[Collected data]
= = =

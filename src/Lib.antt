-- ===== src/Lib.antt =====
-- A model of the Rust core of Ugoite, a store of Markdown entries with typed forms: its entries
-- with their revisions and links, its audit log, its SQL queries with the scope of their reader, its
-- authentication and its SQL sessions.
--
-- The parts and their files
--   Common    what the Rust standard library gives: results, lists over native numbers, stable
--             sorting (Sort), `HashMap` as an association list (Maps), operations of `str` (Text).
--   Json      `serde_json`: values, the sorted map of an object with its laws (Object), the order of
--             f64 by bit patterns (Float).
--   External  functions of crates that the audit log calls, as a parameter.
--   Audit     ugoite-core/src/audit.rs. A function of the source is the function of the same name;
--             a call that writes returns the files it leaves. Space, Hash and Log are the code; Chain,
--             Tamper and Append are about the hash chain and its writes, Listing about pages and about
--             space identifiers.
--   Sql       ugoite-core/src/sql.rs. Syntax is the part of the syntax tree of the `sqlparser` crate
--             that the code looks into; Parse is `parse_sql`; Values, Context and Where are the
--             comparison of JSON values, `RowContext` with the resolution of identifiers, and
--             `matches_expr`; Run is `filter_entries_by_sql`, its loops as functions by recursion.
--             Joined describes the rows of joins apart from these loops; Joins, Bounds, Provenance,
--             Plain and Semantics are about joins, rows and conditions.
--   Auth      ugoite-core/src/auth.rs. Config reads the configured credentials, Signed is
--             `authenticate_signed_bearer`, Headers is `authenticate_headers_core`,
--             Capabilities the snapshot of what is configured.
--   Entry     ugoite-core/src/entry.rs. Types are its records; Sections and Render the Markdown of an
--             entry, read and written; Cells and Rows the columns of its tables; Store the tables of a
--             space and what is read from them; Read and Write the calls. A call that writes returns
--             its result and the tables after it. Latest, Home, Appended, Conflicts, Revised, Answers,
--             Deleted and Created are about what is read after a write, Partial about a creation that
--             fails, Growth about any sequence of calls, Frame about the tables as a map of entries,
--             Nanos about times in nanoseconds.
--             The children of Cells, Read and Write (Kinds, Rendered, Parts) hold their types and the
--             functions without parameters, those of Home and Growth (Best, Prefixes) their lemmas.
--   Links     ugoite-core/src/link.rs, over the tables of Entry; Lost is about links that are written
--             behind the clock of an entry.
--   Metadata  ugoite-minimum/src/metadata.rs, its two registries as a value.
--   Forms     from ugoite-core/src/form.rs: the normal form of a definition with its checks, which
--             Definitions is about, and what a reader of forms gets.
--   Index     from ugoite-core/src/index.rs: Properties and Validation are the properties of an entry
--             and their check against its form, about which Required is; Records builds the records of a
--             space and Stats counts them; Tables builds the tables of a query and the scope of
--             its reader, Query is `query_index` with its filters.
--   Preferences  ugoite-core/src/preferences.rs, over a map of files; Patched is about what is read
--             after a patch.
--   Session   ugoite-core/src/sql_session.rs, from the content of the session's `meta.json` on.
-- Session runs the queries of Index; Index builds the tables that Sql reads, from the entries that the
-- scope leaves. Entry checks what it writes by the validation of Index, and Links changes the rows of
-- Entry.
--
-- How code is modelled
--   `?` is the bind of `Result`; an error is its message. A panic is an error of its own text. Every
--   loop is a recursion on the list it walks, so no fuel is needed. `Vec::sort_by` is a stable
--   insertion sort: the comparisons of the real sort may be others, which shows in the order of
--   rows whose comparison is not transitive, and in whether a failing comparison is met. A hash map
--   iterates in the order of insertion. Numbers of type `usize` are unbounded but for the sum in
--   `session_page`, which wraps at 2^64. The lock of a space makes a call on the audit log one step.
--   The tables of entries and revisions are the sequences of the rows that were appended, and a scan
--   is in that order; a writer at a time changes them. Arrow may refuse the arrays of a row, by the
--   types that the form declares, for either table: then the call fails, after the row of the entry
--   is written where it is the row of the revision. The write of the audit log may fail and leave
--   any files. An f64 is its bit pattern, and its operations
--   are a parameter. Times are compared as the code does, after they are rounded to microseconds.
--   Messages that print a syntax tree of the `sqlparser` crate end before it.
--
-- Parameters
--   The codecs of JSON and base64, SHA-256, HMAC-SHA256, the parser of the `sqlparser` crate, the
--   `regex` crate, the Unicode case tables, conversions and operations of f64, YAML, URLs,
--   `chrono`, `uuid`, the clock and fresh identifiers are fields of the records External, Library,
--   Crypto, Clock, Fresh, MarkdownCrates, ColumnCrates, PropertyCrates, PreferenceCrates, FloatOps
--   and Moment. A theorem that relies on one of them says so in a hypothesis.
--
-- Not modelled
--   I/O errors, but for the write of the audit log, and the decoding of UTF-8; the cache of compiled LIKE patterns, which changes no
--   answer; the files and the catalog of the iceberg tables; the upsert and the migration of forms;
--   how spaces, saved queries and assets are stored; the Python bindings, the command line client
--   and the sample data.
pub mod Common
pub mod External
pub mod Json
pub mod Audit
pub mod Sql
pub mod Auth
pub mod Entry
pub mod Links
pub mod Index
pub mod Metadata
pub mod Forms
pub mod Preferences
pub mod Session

= = =

What needs to be done → Reproduce exactly the section above that begins at the line containing "appended, and a scan" and ends at the line containing "rounded to microseconds.", leaving out all other lines.

Answer space →
--   The tables of entries and revisions are the sequences of the rows that were appended, and a scan
--   is in that order; a writer at a time changes them. Arrow may refuse the arrays of a row, by the
--   types that the form declares, for either table: then the call fails, after the row of the entry
--   is written where it is the row of the revision. The write of the audit log may fail and leave
--   any files. An f64 is its bit pattern, and its operations
--   are a parameter. Times are compared as the code does, after they are rounded to microseconds.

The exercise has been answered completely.